((
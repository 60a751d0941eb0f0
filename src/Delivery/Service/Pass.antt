-- ===== src/Delivery/Service/Pass.antt =====
-- One pass over the operations of a plan.
use luna_agent.Prelude.{
  ℕ, suc, ◌+◌, ◌≤◌, ◌<◌, String, ◌≡◌, refl, sym, ◌∙◌, subst, inl, inr, Bool, true, false, not, ◌&&◌,
  ◌||◌, some, List, [], ◌∷◌, arith, ◌==◌, String_eq, ℕ_eq, if◌then◌else◌, Bool-cases, Option-cases,
  if_elim, All,
}
use luna_agent.Prelude.Dict
use luna_agent.Delivery.Planner.{DeliveryOperation}
use luna_agent.Delivery.Planner.Numbered.{Numbered}
use luna_agent.Delivery.Parts.{OutboxPartRecord, DeliveryPartResult, Rows}
use luna_agent.Delivery.Send.{Platform}
use luna_agent.Delivery.Service.{is_delivered, is_given_up, skipped_part, send_part, deliver_parts}
use luna_agent.Delivery.Service.Attempt.{
  is_settled, RowOk, RowsOk, execute_operation-index, get-send_part, send_part_ok, is_there,
}

-- Some result tells of an attempt at the part.
abbrev pub sends : ℕ → List DeliveryPartResult → Bool
sends i [] = false
sends i (part ∷ parts) = (not part.skipped && (part.index == i)) || sends i parts

-- The rows from an index on are as they were read.
abbrev pub Unchanged : ℕ → Rows → Rows → Type 0
Unchanged n records rows = (i : ℕ) → n ≤ i → Dict.get rows i ≡ Dict.get records i

-- What a pass keeps of the rows.
pub record Passed (max_attempts n : ℕ) (records rows : Rows)
    (result : Rows × List DeliveryPartResult) : Type 0 where
  pub ok : RowsOk max_attempts result.0
  pub before :
      (i : ℕ) → i < n → (Dict.get result.0 i ≡ Dict.get rows i) × (sends i result.1 ≡ false)
  pub settled :
      (i : ℕ) (row : OutboxPartRecord)
      → n ≤ i
      → Dict.get records i ≡ some row
      → is_settled row.status ≡ true
      → (Dict.get result.0 i ≡ some row) × (sends i result.1 ≡ false)

module _ (p : Platform) (session_key : String) (max_attempts : ℕ) where
  abbrev pub sent_of : Rows → OutboxPartRecord → Rows × DeliveryPartResult
  sent_of rows found =
      send_part p session_key max_attempts rows found.operation (found.attempts + 1)

  sent_of-index :
      (n : ℕ) (rows : Rows) (found : OutboxPartRecord)
      → RowOk max_attempts n found
      → ((sent_of rows found).1.index ≡ n) × ((sent_of rows found).1.skipped ≡ false)
  unfolding send_part
  sent_of-index n rows found ok =
      let here = execute_operation-index p session_key found.operation (found.attempts + 1) in
      (here.0 ∙ ok.0, here.1)

  sent_of_elsewhere :
      (n : ℕ) (rows : Rows) (found : OutboxPartRecord) (i : ℕ)
      → RowOk max_attempts n found
      → (n == i) ≡ false
      → Dict.get (sent_of rows found).0 i ≡ Dict.get rows i
  sent_of_elsewhere n rows found i ok other = ground (
    arith,
    get-send_part p session_key max_attempts rows found.operation (found.attempts + 1) i,
    ok.0,
    Option-cases (Dict.get rows i),
  )

  -- The rows behind an attempt are as they were read.
  pub sent_of-Unchanged :
      (n : ℕ) (records rows : Rows) (found : OutboxPartRecord)
      → RowOk max_attempts n found
      → Unchanged n records rows
      → Unchanged (suc n) records (sent_of rows found).0
  sent_of-Unchanged n records rows found ok same i l =
      sent_of_elsewhere n rows found i ok (ground arith) ∙ same i (omega arith)

  Passed-sent :
      (n : ℕ) (records rows : Rows) (found : OutboxPartRecord)
      (rest : Rows × List DeliveryPartResult)
      → RowOk max_attempts n found
      → Dict.get records n ≡ some found
      → is_settled found.status ≡ false
      → Passed max_attempts (suc n) records (sent_of rows found).0 rest
      → Passed max_attempts n records rows (rest.0, (sent_of rows found).1 ∷ rest.1)
  Passed-sent n records rows found rest ok e unsettled passed =
      let here = sent_of-index n rows found ok in
      record {
        ok = passed.ok;
        before = λ i l. (
          (passed.before i (omega arith)).0 ∙ sent_of_elsewhere n rows found i ok (ground arith),
          ground (arith, here, passed.before i (omega arith)),
        );
        settled = λ i row l there done.
            let later : suc n ≤ i = ground (arith, e, there) in
            let rest_of = passed.settled i row later there done in
            (rest_of.0, ground (arith, here, rest_of));
      }

  Passed-failed :
      (n : ℕ) (records rows : Rows) (found : OutboxPartRecord)
      → RowOk max_attempts n found
      → Dict.get records n ≡ some found
      → is_settled found.status ≡ false
      → RowsOk max_attempts rows
      → Unchanged n records rows
      → Passed max_attempts n records rows ((sent_of rows found).0, (sent_of rows found).1 ∷ [])
  Passed-failed n records rows found ok e unsettled ok_rows same =
      Passed-sent n records rows found ((sent_of rows found).0, []) ok e unsettled
        (record {
          ok =
              send_part_ok p session_key max_attempts rows found.operation (found.attempts + 1)
                found
                (subst (λ k. Dict.get rows k ≡ some found) (sym ok.0) (same n (omega arith) ∙ e))
                unsettled ok_rows;
          before = λ i l. (refl, refl);
          settled = λ i row l there done.
              (sent_of-Unchanged n records rows found ok same i l ∙ there, refl);
        })

  Passed-skip :
      (n : ℕ) (op : DeliveryOperation) (records rows : Rows) (found : OutboxPartRecord)
      (success : Bool) (rest : Rows × List DeliveryPartResult)
      → Unchanged n records rows
      → Passed max_attempts (suc n) records rows rest
      → Passed max_attempts n records rows (rest.0, skipped_part op found success ∷ rest.1)
  Passed-skip n op records rows found success rest same passed = record {
    ok = passed.ok;
    before = λ i l. passed.before i (omega arith);
    settled = λ i row l there done. elim (Bool-cases (n == i)) [
      | inl now ↦
          let first = passed.before i (ground arith) in (first.0 ∙ same i l ∙ there, first.1)
      | inr later ↦ passed.settled i row (ground arith) there done
    ];
  }

  Passed-none :
      (n : ℕ) (records rows : Rows)
      → RowsOk max_attempts rows
      → Unchanged n records rows
      → Passed max_attempts n records rows (rows, [])
  Passed-none n records rows ok same = record {
    ok = ok;
    before = λ i l. (refl, refl);
    settled = λ i row l found done. (same i l ∙ found, refl);
  }

  pub Unchanged-suc :
      (n : ℕ) (records rows : Rows) → Unchanged n records rows → Unchanged (suc n) records rows
  Unchanged-suc n records rows same i l = same i (omega arith)

  -- The turn of the loop at a part that has a row.
  abbrev pub turn :
      DeliveryOperation
      → OutboxPartRecord
      → (rows : Rows) → (passed rest : Rows × List DeliveryPartResult)
      → Rows × List DeliveryPartResult
  turn op found rows passed rest =
      if is_delivered found.status
      then (passed.0, skipped_part op found true ∷ passed.1)
      else if is_given_up found.status
      then (rows, skipped_part op found false ∷ [])
      else if (sent_of rows found).1.success
      then (rest.0, (sent_of rows found).1 ∷ rest.1)
      else ((sent_of rows found).0, (sent_of rows found).1 ∷ [])

  pub deliver_parts-turn :
      (records rows : Rows) (op : DeliveryOperation) (ops : List DeliveryOperation)
      (found : OutboxPartRecord)
      → Dict.get records op.index ≡ some found
      → deliver_parts p session_key max_attempts records rows (op ∷ ops)
        ≡ turn op found rows
            (deliver_parts p session_key max_attempts records rows ops)
            (deliver_parts p session_key max_attempts records (sent_of rows found).0 ops)
  unfolding deliver_parts
  deliver_parts-turn records rows op ops found e = ground (arith, e)

  pub pass :
      (n : ℕ) (records rows : Rows) (ops : List DeliveryOperation)
      → Numbered n ops
      → All (λ op. is_there (Dict.get records op.index) ≡ true) ops
      → RowsOk max_attempts records
      → RowsOk max_attempts rows
      → Unchanged n records rows
      → Passed max_attempts n records rows
          (deliver_parts p session_key max_attempts records rows ops)
  unfolding deliver_parts
  pass n records rows [] h there ok_records ok same = Passed-none n records rows ok same
  pass n records rows (op ∷ ops) h there ok_records ok same =
      elim (Option-cases (Dict.get records op.index)) [
        | inl missing ↦ absurd (ground (arith, missing, there.0))
        | inr (found, e) ↦
            let found_ok =
              subst (λ k. RowOk max_attempts k found) h.0 (ok_records op.index found e) in
            let e' = subst (λ k. Dict.get records k ≡ some found) h.0 e in
            let rest_same = sent_of-Unchanged n records rows found found_ok same in
            subst (Passed max_attempts n records rows)
              (sym (deliver_parts-turn records rows op ops found e))
              (if_elim (Passed max_attempts n records rows) (is_delivered found.status) _ _
                (λ done. Passed-skip n op records rows found true _ same (
                  pass (suc n) records rows ops h.1 there.1 ok_records ok
                    (Unchanged-suc n records rows same)))
                (λ not_done.
                  if_elim (Passed max_attempts n records rows) (is_given_up found.status) _ _
                    (λ given_up.
                      Passed-skip n op records rows found false (rows, []) same
                        (Passed-none (suc n) records rows ok (Unchanged-suc n records rows same)))
                    (λ unsettled.
                      if_elim (Passed max_attempts n records rows) (sent_of rows found).1.success _
                        _
                        (λ success. Passed-sent n records rows found _ found_ok e' (ground arith) (
                          pass (suc n) records (sent_of rows found).0 ops h.1 there.1 ok_records
                            (send_part_ok p session_key max_attempts rows found.operation
                              (found.attempts + 1) found
                              (subst (λ k. Dict.get rows k ≡ some found) (sym found_ok.0)
                                (same n (omega arith) ∙ e'))
                              (ground arith) ok)
                            rest_same))
                        (λ failure.
                          Passed-failed n records rows found found_ok e' (ground arith) ok same))))
      ]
))
- _Work task_
Above this task is a listing. Restate, word for word and with nothing added, the lines from the one with "module _ (p" through the one with "sent_of_elsewhere n rows found i ok other".

- _Solution to this task_
module _ (p : Platform) (session_key : String) (max_attempts : ℕ) where
  abbrev pub sent_of : Rows → OutboxPartRecord → Rows × DeliveryPartResult
  sent_of rows found =
      send_part p session_key max_attempts rows found.operation (found.attempts + 1)

  sent_of-index :
      (n : ℕ) (rows : Rows) (found : OutboxPartRecord)
      → RowOk max_attempts n found
      → ((sent_of rows found).1.index ≡ n) × ((sent_of rows found).1.skipped ≡ false)
  unfolding send_part
  sent_of-index n rows found ok =
      let here = execute_operation-index p session_key found.operation (found.attempts + 1) in
      (here.0 ∙ ok.0, here.1)

  sent_of_elsewhere :
      (n : ℕ) (rows : Rows) (found : OutboxPartRecord) (i : ℕ)
      → RowOk max_attempts n found
      → (n == i) ≡ false
      → Dict.get (sent_of rows found).0 i ≡ Dict.get rows i
  sent_of_elsewhere n rows found i ok other = ground (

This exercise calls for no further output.